Romans 5:1-8

Proper 6 (11) - Year A


We can focus on G*D's putting everything on the line of Jesus' death and try to figure out how to talk about this in the sacrificial milieu of Paul's time or in some other imagery of participation from our own time. Trying to define G*D too closely has run into some difficulties.

Perhaps this year it would be more helpful to look at the work of the Holy Spirit to help us recognize and reshape the generosity of G*D toward us that we might have a passion for the patience it takes to help others identify the generosity of G*D in their lives. Through this radical patience our character is made like G*D's as G*D waited for us to recognize the generosity offered us. So, together, we are in alert expectancy for the critical mass and energy necessary to transform this wobbly old world into a new heaven and earth.

Isn't it better to be so expectant of more glory than it is to try figuring out how G*D of the first part ("Father") authorized God of the second part ("Son") to pull a sacrificial switcheroo?

May your heart be filled with the patience to imitate the character of G*D and respond with hope to the generosity of love.

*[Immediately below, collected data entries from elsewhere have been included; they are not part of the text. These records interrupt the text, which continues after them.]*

-- ===== src/Usecase/Transfers/Rounds.antt =====
-- transactions.go, `Transfer`: the retry loop ends by itself.
use payment_processing.Prelude.{
  ℕ, suc, ◌≡◌, refl, Bool, true, false, not, ◌||◌, inl, inr, Bytes, ok, err, ◌==◌, Bool-cases,
  if◌then◌else◌,
}
use payment_processing.Domain.{Outcome, context_done}
use payment_processing.Storage.Session.{World, M, fail, wait_cancelled, first_cancel}
use payment_processing.Usecase.Transfers.{
  Platform, TransferCommand, transfer_loop, transfer_attempt, stop_or_retry,
  is_retryable_postgres_error,
}

module _ {S : Type 0} (p : Platform S) where
  -- The rest of the loop is only what comes after a wait.
  retry-same :
      (attempt : ℕ) (again other : M S Bytes)
      → ((v : World S) → again v ≡ other v)
      → (r : Outcome Bytes) (w : World S)
      → stop_or_retry p attempt again r w ≡ stop_or_retry p attempt other r w
  unfolding wait_cancelled
  retry-same attempt again other same (ok id) w = refl
  retry-same attempt again other same (err e) w =
      elim (Bool-cases (not (is_retryable_postgres_error e) || (attempt == 3))) [
        | inl stop ↦ rw stop refl
        | inr more ↦ rw more (waited-same (first_cancel w.cancels) (wait_cancelled w).1)
      ]
    where
      waited-same :
          (cancelled : Bool) (v : World S)
          → (if cancelled then fail context_done else again) v
            ≡ (if cancelled then fail context_done else other) v
      waited-same true v = refl
      waited-same false v = same v

  -- The third attempt is the last.
  third-last :
      (again other : M S Bytes) (r : Outcome Bytes) (w : World S)
      → stop_or_retry p 3 again r w ≡ stop_or_retry p 3 other r w
  third-last again other (ok id) w = refl
  third-last again other (err e) w = elim (Bool-cases (is_retryable_postgres_error e)) [
    | inl again_later ↦ rw again_later refl
    | inr final ↦ rw final refl
  ]

  -- The loop of Transfer ends by itself within three attempts: with any more rounds it returns
  -- the same, and leaves the same world.
  pub transfer_loop_ends :
      (more : ℕ) (c : TransferCommand) (w : World S)
      → transfer_loop p (suc (suc (suc more))) 1 c w ≡ transfer_loop p 3 1 c w
  unfolding transfer_loop
  transfer_loop_ends more c w =
      let attempt = transfer_attempt p c in
      retry-same 1 _ _
        (λ v.
          retry-same 2 _ _ (λ u. third-last _ _ (attempt u).0 (attempt u).1) (attempt v).0
            (attempt v).1)
        (attempt w).0 (attempt w).1
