-- ===== src/Usecase/Transfers/Success.antt =====
-- usecase/transactions.go, `Transfer` forwards: the attempt of a new key.
use payment_processing.Prelude.{
  pair_of, ◌≡◌, refl, true, false, ◌&&◌, Option, none, some, List, [], ◌∷◌, ◌++◌, Bytes, ok,
  exists_row, exists_row-last, ◌==◌, arith,
}
use payment_processing.Prelude.Int.{pos}
use payment_processing.Decimal.{Decimal, is_positive, fits_numeric}
use payment_processing.Domain.{Uuid, TransferIdempotency}
use payment_processing.Domain.Keys.{validate_idempotency_key}
use payment_processing.Storage.Tables.{Db}
use payment_processing.Storage.Session.{World, statement, commit, deferring_rollback, rollback}
use payment_processing.Storage.Accounts.{locked_rows}
use payment_processing.Storage.Accounts.Progress.{session, exists_row-found}
use payment_processing.Storage.Idempotency.{
  has_key, has_transaction_id, fresh_row, complete_row, reserve, try_create_idempotency,
}
use payment_processing.Usecase.Transfers.{
  TransferCommand, Platform, check_rate_limit_once, ask_rate_limit, resolve_idempotency,
  finish_attempt, transfer_attempt, transfer_command, transfer,
}
use payment_processing.Usecase.Transfers.Effects.{completed_transfer}
use payment_processing.Usecase.Transfers.Recorded.{own_row}
use payment_processing.Usecase.Transfers.Progress.{
  Payable, complete-run, execute-run, after_transfer,
}
use payment_processing.Usecase.Transfers.Answers.{attempt_begin, loop_ends, transfer_starts}

-- An id that no transaction has.
pub record IsUnused (id : Uuid) (db : Db) : Type 0 where
  pub no_row : exists_row (λ r. r.id == id) db.transactions ≡ false
  pub no_result : exists_row (has_transaction_id id) db.transfer_idempotency ≡ false

no_result-fresh :
    (id : Uuid) (rs : List TransferIdempotency) (row : TransferIdempotency)
    → row.transaction_id ≡ none
    → exists_row (has_transaction_id id) rs ≡ false
    → exists_row (has_transaction_id id) (rs ++ (row ∷ [])) ≡ false
no_result-fresh id [] row e h = rw e refl
no_result-fresh id (r ∷ rs) row e h = ground (arith, no_result-fresh id rs row e)

module _ {S : Type 0} (p : Platform S) (c : TransferCommand) (w : World S) where
  abbrev fresh : TransferIdempotency
  fresh = fresh_row w.clock c.sender_id c.key c.request_fingerprint

  abbrev reserved : Db → Db
  reserved db = record db { transfer_idempotency = db.transfer_idempotency ++ (fresh ∷ []) }

  reserve-run :
      (db : Db)
      → exists_row (has_key c.sender_id c.key) db.transfer_idempotency ≡ false
      → exists_row (λ r. r.id == c.sender_id) db.accounts ≡ true
      → resolve_idempotency p c (session w db) ≡ (ok none, session w (reserved db))
  unfolding resolve_idempotency try_create_idempotency reserve statement
  reserve-run db new there = simp (new, there)

  -- The session after the limiter has let the transfer pass.
  abbrev asked : World S
  asked = record w {
    cache = (p.cache.check_rate_limit (p.uuid_string c.sender_id) w.cache).1;
    rate_limit_checked = true;
  }

  limiter-run :
      (db : Db)
      → w.rate_limit_checked ≡ false
      → (p.cache.check_rate_limit (p.uuid_string c.sender_id) w.cache).0 ≡ ok tt
      → check_rate_limit_once p c.sender_id (session w db) ≡ (ok tt, session asked db)
  unfolding check_rate_limit_once ask_rate_limit
  limiter-run db first allowed = rw (first, allowed) refl

  abbrev pub db_after : Uuid → Db → Db
  db_after id db = record (after_transfer p w.clock c id (reserved db)) {
    transfer_idempotency = db.transfer_idempotency ++ (complete_row w.clock id fresh ∷ []);
  }

  finish-run :
      (db : Db) (id : Uuid) (rest : List (Option Uuid))
      → Payable c db.accounts
      → exists_row (has_key c.sender_id c.key) db.transfer_idempotency ≡ false
      → IsUnused id db
      → w.ids ≡ some id ∷ rest
      → w.rate_limit_checked ≡ false
      → (p.cache.check_rate_limit (p.uuid_string c.sender_id) w.cache).0 ≡ ok tt
      → let ran = finish_attempt p c none (session w (reserved db)) in
        (ran.0 ≡ ok (p.uuid_string id)) × (ran.1.db ≡ db_after id db) × (ran.1.faults ≡ [])
  unfolding finish_attempt commit
  finish-run db id rest h new unused ids first allowed =
      rw
        (
          limiter-run (reserved db) first allowed,
          execute-run p c asked (reserved db) id rest h unused.no_row ids,
          complete-run (record asked { ids = rest }) (after_transfer p w.clock c id (reserved db))
              c.sender_id c.key id db.transfer_idempotency fresh refl new
              (ground (arith, own_row w.clock c))
              (no_result-fresh id db.transfer_idempotency fresh refl unused.no_result)
              (exists_row-last (λ r. r.id == id) db.transactions (completed_transfer w.clock c id)
                (ground arith)),
        )
        (refl, refl, refl)

module _ {S : Type 0} (p : Platform S) (c : TransferCommand) where
  attempt-run :
      (w : World S) (id : Uuid) (rest : List (Option Uuid))
      → Payable c w.db.accounts
      → exists_row (has_key c.sender_id c.key) w.db.transfer_idempotency ≡ false
      → IsUnused id w.db
      → w.faults ≡ []
      → w.ids ≡ some id ∷ rest
      → w.rate_limit_checked ≡ false
      → (p.cache.check_rate_limit (p.uuid_string c.sender_id) w.cache).0 ≡ ok tt
      → let ran = transfer_attempt p c w in
        (ran.0 ≡ ok (p.uuid_string id)) × (ran.1.db ≡ db_after p c w id w.db) × (ran.1.faults ≡ [])
  unfolding deferring_rollback rollback
  attempt-run w id rest h new unused quiet ids first allowed =
      let w1 = record w { locked = locked_rows c.sender_id c.receiver_id w.db } in
      rw
        (
          attempt_begin p c w quiet h.apart,
          reserve-run p c w1 w.db new
              (exists_row-found c.sender_id h.paid_from w.db.accounts h.from),
        )
        (finish-run p c w1 w.db id rest h new unused ids first allowed)

module _ {S : Type 0} (p : Platform S) (sender_id receiver_id : Uuid) (key : Bytes)
    (amount : Decimal) (w : World S) where
  abbrev pub ordered : TransferCommand
  ordered = transfer_command p sender_id receiver_id key amount

  pub transfer-run :
      (id : Uuid) (rest : List (Option Uuid))
      → validate_idempotency_key key ≡ ok tt
      → (is_positive amount && fits_numeric amount (pos 36) (pos 18)) ≡ true
      → Payable ordered w.db.accounts
      → exists_row (has_key sender_id key) w.db.transfer_idempotency ≡ false
      → IsUnused id w.db
      → w.faults ≡ []
      → w.ids ≡ some id ∷ rest
      → (p.cache.check_rate_limit (p.uuid_string sender_id) w.cache).0 ≡ ok tt
      → let ran = transfer p sender_id receiver_id key amount w in
        (ran.0 ≡ ok (p.uuid_string id))
        × (ran.1.db ≡ db_after p ordered w id w.db)
        × (ran.1.faults ≡ [])
  unfolding transfer_command
  transfer-run id rest valid good h new unused quiet ids allowed =
      let fresh_call = record w { rate_limit_checked = false } in
      let (done, left, quiet_after) =
        attempt-run p ordered fresh_call id rest h new unused quiet ids refl allowed in
      rw
        (
          transfer_starts p sender_id receiver_id key amount w valid good,
          loop_ends p 2 1 ordered fresh_call (transfer_attempt p ordered fresh_call).1
              (p.uuid_string id) (pair_of _ done),
        )
        (refl, left, quiet_after)

  -- A call with a valid new key, a valid amount that the sender's balance covers and the
  -- receiver's has room for, and an unused id returns that id where the database raises no
  -- error and the limiter lets it pass; then the amount has moved, and the transaction and its
  -- key are recorded as completed.
  pub transfer_succeeds :
      (id : Uuid) (rest : List (Option Uuid))
      → validate_idempotency_key key ≡ ok tt
      → (is_positive amount && fits_numeric amount (pos 36) (pos 18)) ≡ true
      → Payable ordered w.db.accounts
      → exists_row (has_key sender_id key) w.db.transfer_idempotency ≡ false
      → IsUnused id w.db
      → w.faults ≡ []
      → w.ids ≡ some id ∷ rest
      → (p.cache.check_rate_limit (p.uuid_string sender_id) w.cache).0 ≡ ok tt
      → let ran = transfer p sender_id receiver_id key amount w in
        (ran.0 ≡ ok (p.uuid_string id)) × (ran.1.db ≡ db_after p ordered w id w.db)
  transfer_succeeds id rest valid good h new unused quiet ids allowed =
      let run = transfer-run id rest valid good h new unused quiet ids allowed in (run.0, run.1)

http://www.kairoscomotion.org/lectionary/2002/june2002.html

 


 

Behind the model of spiritual growth moving from suffering to endurance to character to hope lies the question of what comes before suffering.

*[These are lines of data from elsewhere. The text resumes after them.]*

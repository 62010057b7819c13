-- ===== src/Usecase/Transfers/Tests.antt =====
-- The theorems on transfers at work: account 1 pays account 2, from a table of its own.
use payment_processing.Prelude.{
  ℕ, suc, ◌^◌, ◌≡◌, ◌⊎◌, refl, true, false, ◌&&◌, none, some, [], ◌∷◌, codes, eq_bytes_self, ok,
  err, arith,
}
use payment_processing.Prelude.Int.{pos, ◌+ℤ◌, ◌-ℤ◌}
use payment_processing.Decimal.{Decimal, is_positive, fits_numeric}
use payment_processing.Domain.{Cache, TransferIdempotency, processing, idempotency_conflict}
use payment_processing.Domain.Keys.{validate_idempotency_key}
use payment_processing.Storage.Tables.{AccountRow, Db, units}
use payment_processing.Storage.Session.{World}
use payment_processing.Storage.Idempotency.{complete_row, fresh_row}
use payment_processing.Storage.Accounts.Balances.{total, balance_of}
use payment_processing.Usecase.Transfers.Rounds.{transfer_loop_ends}
use payment_processing.Usecase.Transfers.{transfer_loop}
use payment_processing.Usecase.Transfers.{
  Platform, transfer, transfer_fingerprint, transfer_command, transfer_payload, hex_string,
}
use payment_processing.Usecase.Transfers.Loop.{Accounted, transfer-Accounted}
use payment_processing.Usecase.Transfers.History.{
  Call, IsConsistent, call, command_of, serve, serve-IsConsistent,
}
use payment_processing.Usecase.Transfers.Replay.{transfer_once}
use payment_processing.Usecase.Transfers.Recorded.{Answers}
use payment_processing.Usecase.Transfers.Progress.{Payable}
use payment_processing.Usecase.Transfers.Success.{db_after, transfer-run, transfer_succeeds}
use payment_processing.Usecase.Transfers.Limiter.{transfer_asks_once}
use payment_processing.Usecase.Transfers.Answers.{transfer_conflict, transfer_replay}

-- A cache that counts what it is asked.
abbrev counting : Cache ℕ
counting = record {
  check_rate_limit = λ _ n. (ok tt, suc n);
  idempotency_check = λ _ _ n. (ok tt, suc n);
}

abbrev platform : Platform ℕ
platform = record { uuid_string = λ n. n ∷ []; sha256 = λ bs. bs; cache = counting }

abbrev payer : AccountRow
payer = record {
  id = 1;
  name = codes "payer";
  email = codes "a@b.cd";
  balance = pos (10 ^ 20);
  password_hash = codes "h";
  role = codes "user";
}

abbrev payee : AccountRow
payee = record {
  id = 2;
  name = codes "payee";
  email = codes "b@b.cd";
  balance = pos 0;
  password_hash = codes "h";
  role = codes "user";
}

abbrev two_accounts : Db
two_accounts = record {
  accounts = payer ∷ payee ∷ [];
  transactions = [];
  transfer_idempotency = [];
  refresh_token = [];
}

abbrev before : World ℕ
before = record {
  db = two_accounts;
  tx_db = two_accounts;
  locked = [];
  faults = [];
  ids = some 7 ∷ some 8 ∷ [];
  cancels = [];
  clock = 50;
  cache = 0;
  rate_limit_checked = false;
}

abbrev seven : Decimal
seven = record { value = some (pos 7); exp = pos 0 }

abbrev eight : Decimal
eight = record { value = some (pos 8); exp = pos 0 }

abbrev pays_seven : Call
pays_seven = record { sender_id = 1; receiver_id = 2; key = codes "k"; amount = seven }

two_accounts-IsConsistent : IsConsistent two_accounts
two_accounts-IsConsistent = record { accounts = ground arith; finished = tt }

seven-valid : (is_positive seven && fits_numeric seven (pos 36) (pos 18)) ≡ true
unfolding is_positive fits_numeric ◌+ℤ◌ ◌-ℤ◌
seven-valid = refl

key-valid : validate_idempotency_key (codes "k") ≡ ok tt
unfolding validate_idempotency_key
key-valid = refl

seven-Payable : Payable (transfer_command platform 1 2 (codes "k") seven) two_accounts.accounts
unfolding transfer_command units balance_of ◌+ℤ◌
seven-Payable = record {
  paid_from = pos (10 ^ 20);
  paid_to = pos 0;
  valid = two_accounts-IsConsistent.accounts;
  precise = refl;
  from = refl;
  to = refl;
  covered = ground arith;
  room = refl;
  fits = refl;
  positive = ground arith;
  apart = omega arith;
}

transfer_succeeds_example :
    let ran = transfer platform 1 2 (codes "k") seven before in
    (ran.0 ≡ ok (7 ∷ []))
    × (ran.1.db
        ≡ db_after platform (transfer_command platform 1 2 (codes "k") seven) before 7 two_accounts)
transfer_succeeds_example =
    transfer_succeeds platform 1 2 (codes "k") seven before 7 (some 8 ∷ []) key-valid seven-valid
      seven-Payable refl (record { no_row = refl; no_result = refl }) refl refl refl

transfer-Accounted_example :
    let ran = transfer platform 1 2 (codes "k") seven before in
    Accounted platform 50
      (transfer_command platform 1 2 (codes "k") seven)
      ran.0
      two_accounts
      ran.1.db
transfer-Accounted_example =
    transfer-Accounted platform 1 2 (codes "k") seven before two_accounts-IsConsistent.accounts

serve-IsConsistent_example :
    let after = serve platform (pays_seven ∷ pays_seven ∷ []) before in
    IsConsistent after.db × (total after.db.accounts ≡ total two_accounts.accounts)
serve-IsConsistent_example =
    serve-IsConsistent platform (pays_seven ∷ pays_seven ∷ []) before two_accounts-IsConsistent

-- After the first call, of which `run` tells all that a second one depends on.
abbrev after : World ℕ
after = (call platform pays_seven before).1

run :
    ((call platform pays_seven before).0 ≡ ok (7 ∷ []))
    × (after.db ≡ db_after platform (command_of platform pays_seven) before 7 two_accounts)
    × (after.faults ≡ [])
run =
    transfer-run platform 1 2 (codes "k") seven before 7 (some 8 ∷ []) key-valid seven-valid
      seven-Payable refl (record { no_row = refl; no_result = refl }) refl refl refl

seven_recorded : Answers (command_of platform pays_seven) 7 after.db
unfolding transfer_command
seven_recorded = rw run.1 (record {
  row =
      complete_row 50 7
        (fresh_row 50 1 (codes "k") (command_of platform pays_seven).request_fingerprint);
  found = ground (arith, eq_bytes_self (codes "k"));
  same_request = refl;
  finished = refl;
  result = refl;
})

transfer_replay_example :
    let again = transfer platform 1 2 (codes "k") seven after in
    (again.0 ≡ ok (7 ∷ [])) × (again.1.db ≡ after.db) × (again.1.cache ≡ after.cache)
transfer_replay_example =
    transfer_replay platform 1 2 (codes "k") seven after run.2 (omega arith) key-valid seven-valid 7
      seven_recorded

transfer_once_example :
    (platform.uuid_string 7 ≡ platform.uuid_string 7)
    × ((call platform pays_seven after).1.db ≡ after.db)
unfolding serve
transfer_once_example =
    transfer_once platform pays_seven [] before (7 ∷ []) (7 ∷ []) two_accounts-IsConsistent run.0
      transfer_replay_example.0

-- Key `k` stands for another request.
abbrev other_request : TransferIdempotency
other_request = record {
  sender_id = 1;
  key = codes "k";
  request_fingerprint = [];
  status = processing;
  transaction_id = none;
  created_at = 0;
  updated_at = 0;
}

abbrev key_taken : World ℕ
key_taken = record before { db = record two_accounts { transfer_idempotency = other_request ∷ [] } }

transfer_conflict_example :
    let refused = transfer platform 1 2 (codes "k") seven key_taken in
    (refused.0 ≡ err idempotency_conflict) × (refused.1.db ≡ key_taken.db)
unfolding transfer_fingerprint transfer_payload hex_string
transfer_conflict_example =
    transfer_conflict platform 1 2 (codes "k") seven key_taken refl (omega arith) key-valid
      seven-valid other_request (ground (arith, eq_bytes_self (codes "k"))) (λ e. cc)

transfer_asks_once_example :
    let ran = transfer platform 1 2 (codes "k") seven before in
    (ran.1.cache ≡ 0) ⊎ (ran.1.cache ≡ 1)
transfer_asks_once_example =
    transfer_asks_once platform 1 2 (codes "k") seven before (λ id c e h. cc)

transfer_loop_ends_example :
    transfer_loop platform 8 1 (command_of platform pays_seven) before
    ≡ transfer_loop platform 3 1 (command_of platform pays_seven) before
transfer_loop_ends_example = transfer_loop_ends platform 5 (command_of platform pays_seven) before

Do we choose to suffer or do we choose to live in what we consider fullness? I am not convinced that starting with suffering leads so directly to hope. I ascribe to an understanding that living fully leads to hope. The suffering stuff needs to be dealt with, should it arise, without it claiming center stage.

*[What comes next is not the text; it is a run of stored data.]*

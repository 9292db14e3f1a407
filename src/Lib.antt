-- ===== src/Lib.antt =====
-- A model of the core of Capillaries, a distributed data processing framework, and what holds of it.
--
-- A run processes a script, a graph of nodes, each split into batches. StartRun (pkg/api) takes a
-- run id from the counter of the keyspace (pkg/wfdb), finds the nodes to run (pkg/sc), marks the run
-- started and sends a message for each batch, which a producer may sign and a daemon then verifies
-- (pkg/msgsig). The message of a batch waits in the queue of the broker (pkg/capimq); a worker claims it and hands it to the handler
-- (pkg/api), which asks the state database (pkg/wfdb) for the histories of the run, of the node and
-- of the batch, derives statuses from their rows (pkg/wfmodel), checks with the dependency policy
-- (pkg/dpc) whether the nodes read from are ready, calls the processor (pkg/proc) and writes the
-- statuses. The worker then acknowledges the message or returns it to the queue. Statements for the
-- database are texts that a query builder makes (pkg/cql); processors evaluate expressions with
-- aggregate functions (pkg/eval).
--
-- The files and the code they model:
--   Prelude: shared tests, lists, int64 arithmetic, byte strings, sorting, maps, results with an
--     error, TrimSpace and ToLower, decimal texts.
--   Broker: pkg/capimq/message_broker.go. Message has the data, Ops the operations that move
--     messages (ReturnDead, QBulk, Claim, Ack, Heartbeat, Return), Views the rest (Count, Delete as
--     `purge`, HeadTail, Filter); Run has histories of calls,
--     Delivery the order of the queue after them. The state is the queue, a list whose
--     head is claimed first, and the map of claimed messages, an association list by id.
--   Wfmodel: pkg/wfmodel. Row has util.go, BatchHistory, NodeHistory, RunHistory and RunProperties
--     the files of these names: rows are decoded field by field, with the errors of the decoders.
--   Dpc: pkg/dpc/dependency_policy_checker.go (Policy), pkg/sc/dependency_policy_def.go (Policy,
--     Default), the int and bool keys of pkg/sc/key.go (Key; Digits, IntKeys and KeyOrder have their order,
--     FirstMatch the status that decides) and the part of pkg/eval/eval_ctx.go
--     that rules use, over int64 and bool (Expr).
--   Api: pkg/api/message_handler.go and pkg/wfdb/dependency_node_event.go. World has the
--     environment, Refresh updateNodeStatusFromBatches and its companions, Dependencies
--     checkDependencyNodesReady, Checks the checks before a batch, Process ProcessDataBatchMsg,
--     whose steps are a function each. Calls, Quiet, Ordering, Guards and Progress have
--     what the traces of calls satisfy.
--     StartRun has StartRun and StopRun of pkg/api/run.go, RunOrder, RunSends, RunComplete and
--     RunMessages what holds of their calls and messages.
--   Sc: GetTokenIntervalsByNumberOfBatches of pkg/sc/script_node_def.go (Batches), whose intervals
--     share the int64 tokens out (Tiling), for 1 up to MaxAcceptedBatchesByTableReader batches;
--     GetAffectedNodes of pkg/sc/script_def.go (Affected), with its recursion (Visits, Reach,
--     Manual, ManualSet), its loops (Starts) and the whole (Start). Access has CheckUrl of
--     pkg/sc/fetch_policy.go and checkRemoteUrlAllowed of pkg/sc/path_allowlist.go, Paths the
--     rest of that file; Containment, Fetching and Allowed have what they let through.
--   Wfdb: pkg/wfdb/run_counter.go. RunCounter has GetNextRunCounter as a machine that waits for one
--     answer at a time, Callers the concurrent callers of a keyspace as a step relation, Rounds the
--     number of its rounds, Counter and Refinement the counter that the callers implement, Unique
--     the ids that they are given.
--   Mq: pkg/exe/mq/capimq.go and pkg/mq/capimq_async_consumer.go. Routes has the table of routes and
--     how ServeHTTP picks one, Moves and Server the handlers, Client the calls of the consumer over
--     a connection that may lose a request or a response, Exchange what the two do together.
--     Consumer has the workers of the consumer with the loop of pkg/exe/daemon/capidaemon.go, as a
--     step relation on what they share, Counting and Drain what holds of them.
--   Msgsig: pkg/msgsig. Envelope has envelope.go and the interface of the codecs, Ops signer.go and
--     verifier.go (Open as `open_message`), Ring, Roundtrip and Safety what holds of them.
--   Cql: pkg/cql/cql_query_builder.go. Value, Prepared, Builder and Statements have the code,
--     Quoting, Tables, Calls and Params what holds of literals, table names and parameters.
--   Eval: pkg/eval/cast.go (Cast) and pkg/eval/agg.go (Agg, Collect, Calls), over the values of
--     Numbers; Bounds and Average are about averages, Types and OneType about the types of values.
--   Examples: runs at concrete inputs.
--
-- Integers are ℤ with the wrap-around of int64 and int16 written out where the code computes.
-- Times of the broker are int64 milliseconds; the others are instants in nanoseconds. Strings are
-- lists of bytes where the code compares them, names of columns are string literals. The clock is
-- an argument or a call of the environment. Go's sort may leave equal elements in any order; the
-- model's keeps theirs, and no statement about order depends on ties.
--
-- The environment of the handler is a record of functions of the calls made so far, about which
-- nothing is assumed: database, script loader, cache, clock and processor may answer anything and
-- fail at any call. An error has only what the handler tells apart in it.
--
-- Loops are by recursion on lists. The loop of Delete runs on fuel, the length of the queue, which
-- is enough: each round moves the index on by one, and the queue never grows. GetAffectedNodes runs
-- on fuel, the depth of the recursion, which is enough for a script without cycles when it exceeds
-- a rank of its nodes. Decimal texts have at most twenty digits, more than an int64 has.
--
-- Third-party code and what computes with it are parameters: the codecs and signatures of Msgsig
-- with the laws that their documentation gives (CodecsLaws), floating point numbers and decimals
-- of Eval without laws, JSON of Mq with a law where a theorem needs one.
--
-- Not modelled: logging, metrics and comments of statuses, which nothing reads back; the locks of
-- the broker, whose calls are taken to take effect one after the other; the AMQP clients, file
-- formats and the processors, which are parameters; the parsers of scripts and expressions, which
-- rest on third-party code; the walk of expressions beyond what dependency rules use; the start
-- and shutdown of the executables, and those besides the queue server and the daemon.
pub mod Prelude
pub mod Broker
pub mod Wfmodel
pub mod Dpc
pub mod Api
pub mod Sc
pub mod Wfdb
pub mod Mq
pub mod Msgsig
pub mod Cql
pub mod Eval
pub mod Examples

One of the lost pictures of what it means to be created in the image of GOD is the gift of choice, even such a counter-intuitive choice as choosing to "prove" love. Basically this means we choose to take any consequence of full living, of focusing on well-being of self and others that is not limited by the scary and arbitrary limits of suffering and death.

http://www.kairoscomotion.org/lectionary/2005/june2005.html

 


 

It has taken us five chapters to get to a reference to G*D's love. Without going back over how it might be read back into the first four chapters, it is this relationship that gives the perspective to find, somewhere in the midst of whatever kind of suffering we are experiencing, a gift of hope. In some sense it is the engine behind our finding that hope lives in us, regardless.

This same love is an energizing factor encouraging us to risk suffering and all that it entails. It is in this sense that there can be a great positive behind any resultant suffering.

All too often, without engaging our thoughts and experiences, it is all too easy to doctrinally stop with a great emphasis upon suffering, as if, in and of itself, it proved something.